Sarah Palin elicits mixed reaction from hockey moms
now, nearly every American knows the punchline to Alaska Gov. Sarah Palin’s quip in her Republican National Convention Speech about the difference between a pit bull and a hockey mom. The joke mushroomed into confusing metaphor when Democratic presidential nominee Barack Obama responded with a one-liner of his own about pigs, lipstick and Sen. John McCain’s policies, and then a point of contention between the opposing political camps.
It has been three weeks since Palin burst onto the national political scene at the Republican National Convention with a speech that would make Ronald Reagan envious, and it has remained one of the major talking points of the campaign ever since.
The candidates have talked at length about education and economy reform, but the question of lipstick and hockey moms has become, in a word, solipsistic. At the heart of the debate is not just Palin, but the hockey mom herself.
The Park Record attended Park City High School’s game Wednesday at the Park City Ice Rink against rival Sky View. The Miners lost the game 10-1 but their moms were still cheering them on and talking about the economy, injury, change and, yes, lipstick.
Maddy Selby of Park City started a business with her husband. She has three kids, two boys and a girl. Her son Wesley is a forward on the team and started playing when he was 10 years old. In that time, he has played hundreds of games. His mom has been in the stands for all but one.
SCENE: What makes being a mom in hockey different from other sports?
SELBY: There’s not a whole lot of ice out there, which means your ice time is limited, which means you may have to travel to get to your ice and the equipment is expensive and it’s quite a commitment on the part of the kids to make it to practice because of the cost and the ice time.
SCENE: Do you identify yourself as a hockey mom?
SELBY: Oh absolutely. If you’re a hockey mom you just know. It’s probably one of the longest seasons of most leagues. It’s usually a six-month season. So you get to know the other parents and your players. I’ve been so fortunate because we have a really dedicated group of parents. They come to all the games and they’re faithful to their kids.
SCENE: What was your first reaction when you heard of Sarah Palin?
SELBY: I think you can relate to her and you can understand the commitment as a parent and her dedication to her kids. I had not heard of her prior to her being elected and I like her. I like what she has to say and what she hopefully will offer if she gets to the White House and the job she’ll do.
SCENE: How does the experience of managing a kid in hockey help you develop leadership skills?
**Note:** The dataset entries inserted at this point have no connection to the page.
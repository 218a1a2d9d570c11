-- ===== src/Liveness/SetsEqual.antt =====
-- `setsEqual` compares sizes and looks up one way; on sets that is equality of the members.
use jerryscript_optimizer.Prelude.{
  ℕ, ◌≡◌, true, false, List, ◌==◌, length, arith, Bool-cases, if◌then◌else◌, inl, inr, ◌↔◌,
}
use jerryscript_optimizer.Prelude.Sets.{mem, subset, IsNodup}
use jerryscript_optimizer.Prelude.Count.{
  subset_of, subset_apply, length-le_of_subset, mem_of_same_length, missing_of_not_subset,
}
use jerryscript_optimizer.Liveness.{sets_equal}

-- On two sets without duplicates `setsEqual` answers true exactly when they have the same members.
pub sets_equal_iff :
    (a b : List ℕ) → IsNodup a → IsNodup b → (sets_equal a b ≡ true) ↔ ((r : ℕ) → mem r a ≡ mem r b)
unfolding sets_equal
sets_equal_iff a b na nb = (to, from)
  where
    to : (if length a == length b then subset a b else false) ≡ true → (r : ℕ) → mem r a ≡ mem r b
    to h r =
        let s : subset a b ≡ true = ground arith in
        let l : length a ≡ length b = ground arith in
        ground (arith, subset_apply a b r s, mem_of_same_length a b r na s l)

    from :
        ((r : ℕ) → mem r a ≡ mem r b) → (if length a == length b then subset a b else false) ≡ true
    from h =
        let s = subset_of a b (λ r m. rw (← h r) m) in
        let t = subset_of b a (λ r m. rw (h r) m) in
        ground (arith, length-le_of_subset a b na s, length-le_of_subset b a nb t)

-- A set that grew strictly has a new member.
pub new_member :
    (a b : List ℕ)
    → IsNodup a
    → IsNodup b
    → ((r : ℕ) → mem r a ≡ true → mem r b ≡ true)
    → sets_equal a b ≡ false
    → (r : ℕ) × (mem r b ≡ true) × (mem r a ≡ false)
unfolding sets_equal
new_member a b na nb grows h =
    let s = subset_of a b grows in
    elim (Bool-cases (subset b a)) [
      | inl t ↦ absurd (ground (arith, length-le_of_subset a b na s, length-le_of_subset b a nb t))
      | inr f ↦ missing_of_not_subset b a f
    ]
SELBY: I think any mom would identify as a leader. There’s no doubt that moms kind of [shape] the home. I keep the schedules of everybody, my husband’s and my kids, and we own a business so I can relate to trying to run a business and trying to get kids to their appointments on time and making sure everything is running well.
SCENE: Do you have any desire to be the vice president of the United States?
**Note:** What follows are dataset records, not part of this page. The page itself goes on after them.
-- ===== src/Liveness/Solution.antt =====
-- `computeLiveOuts` ends, and with the least solution of its equations.
use jerryscript_optimizer.Prelude.{
  ℕ, zero, suc, ◌+◌, ◌*◌, ◌<◌, ◌≡◌, refl, Bool, true, false, List, [], ◌∷◌, ◌==◌, arith, Bool-cases,
  if◌then◌else◌, inl, inr, ◌⊎◌, ⊎_elim, length, some,
}
use jerryscript_optimizer.Prelude.Sets.{mem, IsNodup}
use jerryscript_optimizer.Blocks.{BlockHeap}
use jerryscript_optimizer.Liveness.{
  sets_equal, next_live_out, compute_live_out, live_out_round, compute_live_outs,
}
use jerryscript_optimizer.Liveness.SetsEqual.{sets_equal_iff, new_member}
use jerryscript_optimizer.Liveness.Equation.{
  next_live_out-IsNodup, SameShape, Grows, next_live_out_mono,
}
use jerryscript_optimizer.Liveness.Rounds.{
  SameShape-trans, SameShape-sym, Inv, compute_live_out_self, compute_live_out_ne, compute-Grows,
  compute-Inv,
}
use jerryscript_optimizer.Liveness.Measure.{total, total-le, total_mono, total_strict}

-- The flag after one block.
abbrev flag : BlockHeap → ℕ → Bool → Bool
flag h b c = if sets_equal (h b).live_out (compute_live_out h b b).live_out then c else true

module _ (h0 : BlockHeap) (whole all : List ℕ)
    (covers : (b r : ℕ) → mem b whole ≡ true → mem r (h0 b).ue ≡ true → mem r all ≡ true) where
  abbrev Within : List ℕ → Type 0
  Within bbs = (b : ℕ) → mem b bbs ≡ true → mem b whole ≡ true

  head_in : (b : ℕ) (bbs : List ℕ) → Within (b ∷ bbs) → mem b whole ≡ true
  unfolding mem
  head_in b bbs w = w b (ground arith)

  tail_in : (b : ℕ) (bbs : List ℕ) → Within (b ∷ bbs) → Within bbs
  unfolding mem
  tail_in b bbs w c m = w c (ground arith)

  step-Inv :
      (h : BlockHeap) (b : ℕ)
      → mem b whole ≡ true
      → Inv h0 all h
      → Inv h0 all (compute_live_out h b)
  step-Inv h b mb inv = compute-Inv h0 all h inv b (λ r m. covers b r mb m)

  step_quiet :
      (h : BlockHeap) (b : ℕ)
      → Inv h0 all h
      → sets_equal (h b).live_out (compute_live_out h b b).live_out ≡ true
      → Grows (compute_live_out h b) h
  step_quiet h b inv e p r m = elim (Bool-cases (p == b)) [
    | inl same ↦
        let q : p ≡ b = ground arith in
        let n : IsNodup (compute_live_out h b b).live_out =
          rw (compute_live_out_self h b) (next_live_out-IsNodup h b) in
        let agree = (sets_equal_iff (h b).live_out _ (inv.nodup b) n).0 e r in
        let m' : mem r (compute_live_out h b b).live_out ≡ true = rw q at m in rw (q, agree) m'
    | inr other ↦ rw (compute_live_out_ne h b p other) at m
  ]

  step_loud :
      (h : BlockHeap) (b : ℕ)
      → mem b whole ≡ true
      → Inv h0 all h
      → sets_equal (h b).live_out (compute_live_out h b b).live_out ≡ false
      → total all h whole < total all (compute_live_out h b) whole
  step_loud h b mb inv e =
      let n : IsNodup (compute_live_out h b b).live_out =
        rw (compute_live_out_self h b) (next_live_out-IsNodup h b) in
      let up = compute-Grows h0 all h inv b in
      let (r, new, old) = new_member (h b).live_out _ (inv.nodup b) n (up b) e in
      let after = step-Inv h b mb inv in
      total_strict all h (compute_live_out h b) whole b r up mb (after.bounded b r new) old new

  round-Inv :
      (bbs : List ℕ) (h : BlockHeap) (c : Bool)
      → Within bbs
      → Inv h0 all h
      → Inv h0 all (live_out_round h bbs c).0 × Grows h (live_out_round h bbs c).0
  unfolding live_out_round
  round-Inv [] h c w inv = (inv, λ p r m. m)
  round-Inv (b ∷ bbs) h c w inv =
      let (inv', up) =
        round-Inv bbs (compute_live_out h b) (flag h b c) (tail_in b bbs w)
          (step-Inv h b (head_in b bbs w) inv) in
      (inv', λ p r m. up p r (compute-Grows h0 all h inv b p r m))

  -- A round that reports no change has changed no set, and every listed block has its equation.
  round_quiet :
      (bbs : List ℕ) (h : BlockHeap) (c : Bool)
      → Within bbs
      → Inv h0 all h
      → (live_out_round h bbs c).1 ≡ false
      → (c ≡ false)
        × Grows (live_out_round h bbs c).0 h
        × ((b r : ℕ)
            → mem b bbs ≡ true
            → mem r (next_live_out (live_out_round h bbs c).0 b) ≡ true
            → mem r ((live_out_round h bbs c).0 b).live_out ≡ true)
  unfolding live_out_round mem
  round_quiet [] h c w inv e = (e, λ p r m. m, λ b r mb. cc)
  round_quiet (b ∷ bbs) h c w inv e =
      let inv1 = step-Inv h b (head_in b bbs w) inv in
      let (c', down, closed) =
        round_quiet bbs (compute_live_out h b) (flag h b c) (tail_in b bbs w) inv1 e in
      let (inv2, up) = round-Inv bbs (compute_live_out h b) (flag h b c) (tail_in b bbs w) inv1 in
      let eq : sets_equal (h b).live_out (compute_live_out h b b).live_out ≡ true = ground arith in
      let back = step_quiet h b inv eq in
      let h2 = (live_out_round (compute_live_out h b) bbs (flag h b c)).0 in
      let same : (p : ℕ) → SameShape h2 h p =
        λ p. SameShape-trans h2 _ h p (SameShape-sym _ h2 p (inv2.shape p)) (inv.shape p) in
      let down2 : Grows h2 h = λ p r m. back p r (down p r m) in
      (
        ground arith,
        down2,
        λ d r md m. elim (Bool-cases (d == b)) [
          | inl e2 ↦
              let q : d ≡ b = ground arith in
              let m1 : mem r (next_live_out h2 b) ≡ true = rw q at m in
              let m2 = next_live_out_mono h2 h same down2 b r m1 in
              let m3 : mem r (compute_live_out h b b).live_out ≡ true =
                rw (compute_live_out_self h b) m2 in
              rw q (up b r m3)
          | inr e2 ↦ closed d r (ground arith) m
        ],
      )

  round_loud :
      (bbs : List ℕ) (h : BlockHeap) (c : Bool)
      → Within bbs
      → Inv h0 all h
      → (live_out_round h bbs c).1 ≡ true
      → (c ≡ true) ⊎ (total all h whole < total all (live_out_round h bbs c).0 whole)
  unfolding live_out_round
  round_loud [] h c w inv e = inl e
  round_loud (b ∷ bbs) h c w inv e =
      let inv1 = step-Inv h b (head_in b bbs w) inv in
      let (inv2, up) = round-Inv bbs (compute_live_out h b) (flag h b c) (tail_in b bbs w) inv1 in
      let first = total_mono all h (compute_live_out h b) whole (compute-Grows h0 all h inv b) in
      let later =
        total_mono all (compute_live_out h b)
          (live_out_round (compute_live_out h b) bbs (flag h b c)).0 whole up in
      elim (Bool-cases (sets_equal (h b).live_out (compute_live_out h b b).live_out)) [
        | inl same ↦
            ⊎_elim (λ p. inl (rw same at p)) (λ p. inr (omega arith))
              (round_loud bbs (compute_live_out h b) (flag h b c) (tail_in b bbs w) inv1 e)
        | inr diff ↦ let grown = step_loud h b (head_in b bbs w) inv diff in inr (omega arith)
      ]

  -- With fuel for every register that may still come in, the loop ends where all equations hold.
  pub loop_ends :
      (fuel : ℕ) (h : BlockHeap)
      → Inv h0 all h
      → length whole * length all < fuel + total all h whole
      → (g : BlockHeap) × (compute_live_outs fuel h whole ≡ some g)
        × Inv h0 all g
        × ((b r : ℕ)
            → mem b whole ≡ true
            → mem r (next_live_out g b) ≡ true
            → mem r (g b).live_out ≡ true)
  unfolding compute_live_outs
  loop_ends zero h inv lt = absurd (omega (arith, total-le all h whole))
  loop_ends (suc fuel) h inv lt =
      let next = (live_out_round h whole false).0 in
      let (inv', up) = round-Inv whole h false (λ b m. m) inv in
      elim (Bool-cases (live_out_round h whole false).1) [
        | inl loud ↦
            let grown : total all h whole < total all next whole =
              ⊎_elim (λ p. cc) (λ p. p) (round_loud whole h false (λ b m. m) inv loud) in
            let (g, e, after, closed) = loop_ends fuel next inv' (omega arith) in
            (g, rw loud e, after, closed)
        | inr quiet ↦
            let (c, down, closed) = round_quiet whole h false (λ b m. m) inv quiet in
            (next, rw quiet refl, inv', closed)
      ]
SELBY: I personally wouldn’t want it but I don’t think being a mom would hinder her at all. There are many executives out there, women, who run their own companies. My husband and I started our company 17 years ago and I’ve raised our kids with the company and our kids don’t suffer at all. Everyone gets nannies or day care or parents and the kids don’t suffer at all. I think she could do a great job.
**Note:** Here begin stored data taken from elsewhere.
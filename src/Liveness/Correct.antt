-- ===== src/Liveness/Correct.antt =====
-- What `computeLiveOuts` returns, against derivations of liveness.
use jerryscript_optimizer.Prelude.{
  ℕ, ◌*◌, ◌<◌, ◌≡◌, true, false, List, ◌↔◌, inl, inr, length, some, arith, Bool-cases,
}
use jerryscript_optimizer.Prelude.Sets.{mem, mem_nil}
use jerryscript_optimizer.Blocks.{BlockHeap}
use jerryscript_optimizer.Liveness.{next_live_out, compute_live_outs}
use jerryscript_optimizer.Liveness.Equation.{SameShape, mem-next_live_out}
use jerryscript_optimizer.Liveness.Rounds.{SameShape-refl, LiveOut, own, flow, Inv}
use jerryscript_optimizer.Liveness.Measure.{exposed, mem-exposed}
use jerryscript_optimizer.Liveness.Solution.{loop_ends}

-- What the pass starts from: no block has a live-out register yet.
abbrev pub IsFresh : BlockHeap → Type 0
IsFresh h = (p : ℕ) → (h p).live_out ≡ List.[]

-- The successors of a listed block are listed.
abbrev pub IsClosed : BlockHeap → List ℕ → Type 0
IsClosed h bbs = (b s : ℕ) → mem b bbs ≡ true → mem s (h b).successors ≡ true → mem s bbs ≡ true

Inv-start : (h : BlockHeap) (all : List ℕ) → IsFresh h → Inv h all h
Inv-start h all fresh =
    let empty = λ (p r : ℕ) (m : mem r (h p).live_out ≡ true).
      let m' : mem r List.[] ≡ true = rw fresh at m in
      let no_member : ⊥ = cc (mem_nil r, m') in no_member in
    record {
      shape = SameShape-refl h;
      nodup = λ p. rw (fresh p) tt;
      grows = λ p r m. absurd (empty p r m);
      sound = λ p r m. absurd (empty p r m);
      bounded = λ p r m. absurd (empty p r m);
    }

complete :
    (h g : BlockHeap) (bbs all : List ℕ)
    → IsClosed h bbs
    → Inv h all g
    → ((b r : ℕ)
        → mem b bbs ≡ true
        → mem r (next_live_out g b) ≡ true
        → mem r (g b).live_out ≡ true)
    → (r b : ℕ) → mem b bbs ≡ true
    → LiveOut h r b
    → mem r (g b).live_out ≡ true
complete h g bbs all closed inv fixed r b mb (own s ms mr) =
    let shape = inv.shape b in
    fixed b r mb ((mem-next_live_out g b r).1 (s, rw (← shape.succs) ms, inl (rw (← shape.ue) mr)))
complete h g bbs all closed inv fixed r b mb (flow s ms mk live) =
    let shape = inv.shape b in
    let there = inv.shape s in
    let deep = complete h g bbs all closed inv fixed r s (closed b s mb ms) live in
    fixed b r mb
      ((mem-next_live_out g b r).1 (s, rw (← shape.succs) ms, inr (deep, rw (← there.kill) mk)))

-- From a fresh memory whose listed blocks have listed successors, with more fuel than the number
-- of listed blocks times the number of their exposed registers, `computeLiveOuts` returns. It has
-- changed nothing but live-out sets, and a register is in the set of a listed block exactly when a
-- derivation makes it live there.
pub compute_live_outs_correct :
    (h : BlockHeap) (bbs : List ℕ) (fuel : ℕ)
    → IsFresh h
    → IsClosed h bbs
    → length bbs * length (exposed h bbs) < fuel
    → (g : BlockHeap) × (compute_live_outs fuel h bbs ≡ some g)
      × ((p : ℕ) → SameShape h g p)
      × ((b r : ℕ) → mem b bbs ≡ true → (mem r (g b).live_out ≡ true) ↔ LiveOut h r b)
compute_live_outs_correct h bbs fuel fresh closed enough =
    let all = exposed h bbs in
    let start = Inv-start h all fresh in
    let (g, e, inv, fixed) = loop_ends h bbs all (mem-exposed h bbs) fuel h start (omega arith) in
    (g, e, inv.shape, λ b r mb. (inv.sound b r, complete h g bbs all closed inv fixed r b mb))

-- Liveness as the comment in `computeLiveOut` has it: a successor contributes the registers that
-- it exposes itself, and those that are live at its end and that it does not write.
pub data Needed (h : BlockHeap) (r : ℕ) : ℕ → Type 0 where
  read_next : {p : ℕ} (s : ℕ) → mem s (h p).successors ≡ true → mem r (h s).ue ≡ true → Needed h r p
  pass :
      {p : ℕ} (s : ℕ)
      → mem s (h p).successors ≡ true
      → mem r (h s).kill ≡ false
      → Needed h r s
      → Needed h r p

not_live :
    (h : BlockHeap) (r b : ℕ)
    → mem r (h b).ue ≡ false
    → ((s : ℕ) → mem s (h b).successors ≡ true → mem r (h s).kill ≡ true)
    → LiveOut h r b
    → ⊥
not_live h r b unread killed (own s ms mr) = cc
not_live h r b unread killed (flow s ms mk live) = cc (killed s ms)

-- Where every successor of a block writes a register, one of them reads it first, and the block
-- does not expose it, the register is needed at the end of the block, and the returned set of the
-- block lacks it.
pub compute_live_outs_misses :
    (h : BlockHeap) (bbs : List ℕ) (fuel : ℕ)
    → IsFresh h
    → IsClosed h bbs
    → length bbs * length (exposed h bbs) < fuel
    → (b s r : ℕ) → mem b bbs ≡ true
    → mem s (h b).successors ≡ true
    → mem r (h s).ue ≡ true
    → mem r (h b).ue ≡ false
    → ((t : ℕ) → mem t (h b).successors ≡ true → mem r (h t).kill ≡ true)
    → Needed h r b
      × ((g : BlockHeap) × (compute_live_outs fuel h bbs ≡ some g) × (mem r (g b).live_out ≡ false))
compute_live_outs_misses h bbs fuel fresh closed enough b s r mb ms mr unread killed =
    let (g, e, shape, exact) = compute_live_outs_correct h bbs fuel fresh closed enough in
    (
      read_next s ms mr,
      (
        g,
        e,
        elim (Bool-cases (mem r (g b).live_out)) [
          | inl m ↦ absurd (not_live h r b unread killed ((exact b r mb).0 m))
          | inr m ↦ m
        ],
      ),
    )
SCENE: Do you like her because of what she’s accomplished as a governor or because you feel personally connected to her?
SELBY: I don’t think her personal life has anything to do with running the country. I think anyone if given the opportunity can do many things. And just because she’s a woman doesn’t mean she can’t do it.
SCENE: Would you vote for her or support her or vote for her because she was a woman?
SELBY: No, I would not. I would not vote for her or support her because she was a woman or a hockey mom. I’d support her for her abilities. I think it’s her track record and her accomplishments. Forget what anybody says and just look at her track record and I think that’s how people need to vote. Vote on her accomplishments.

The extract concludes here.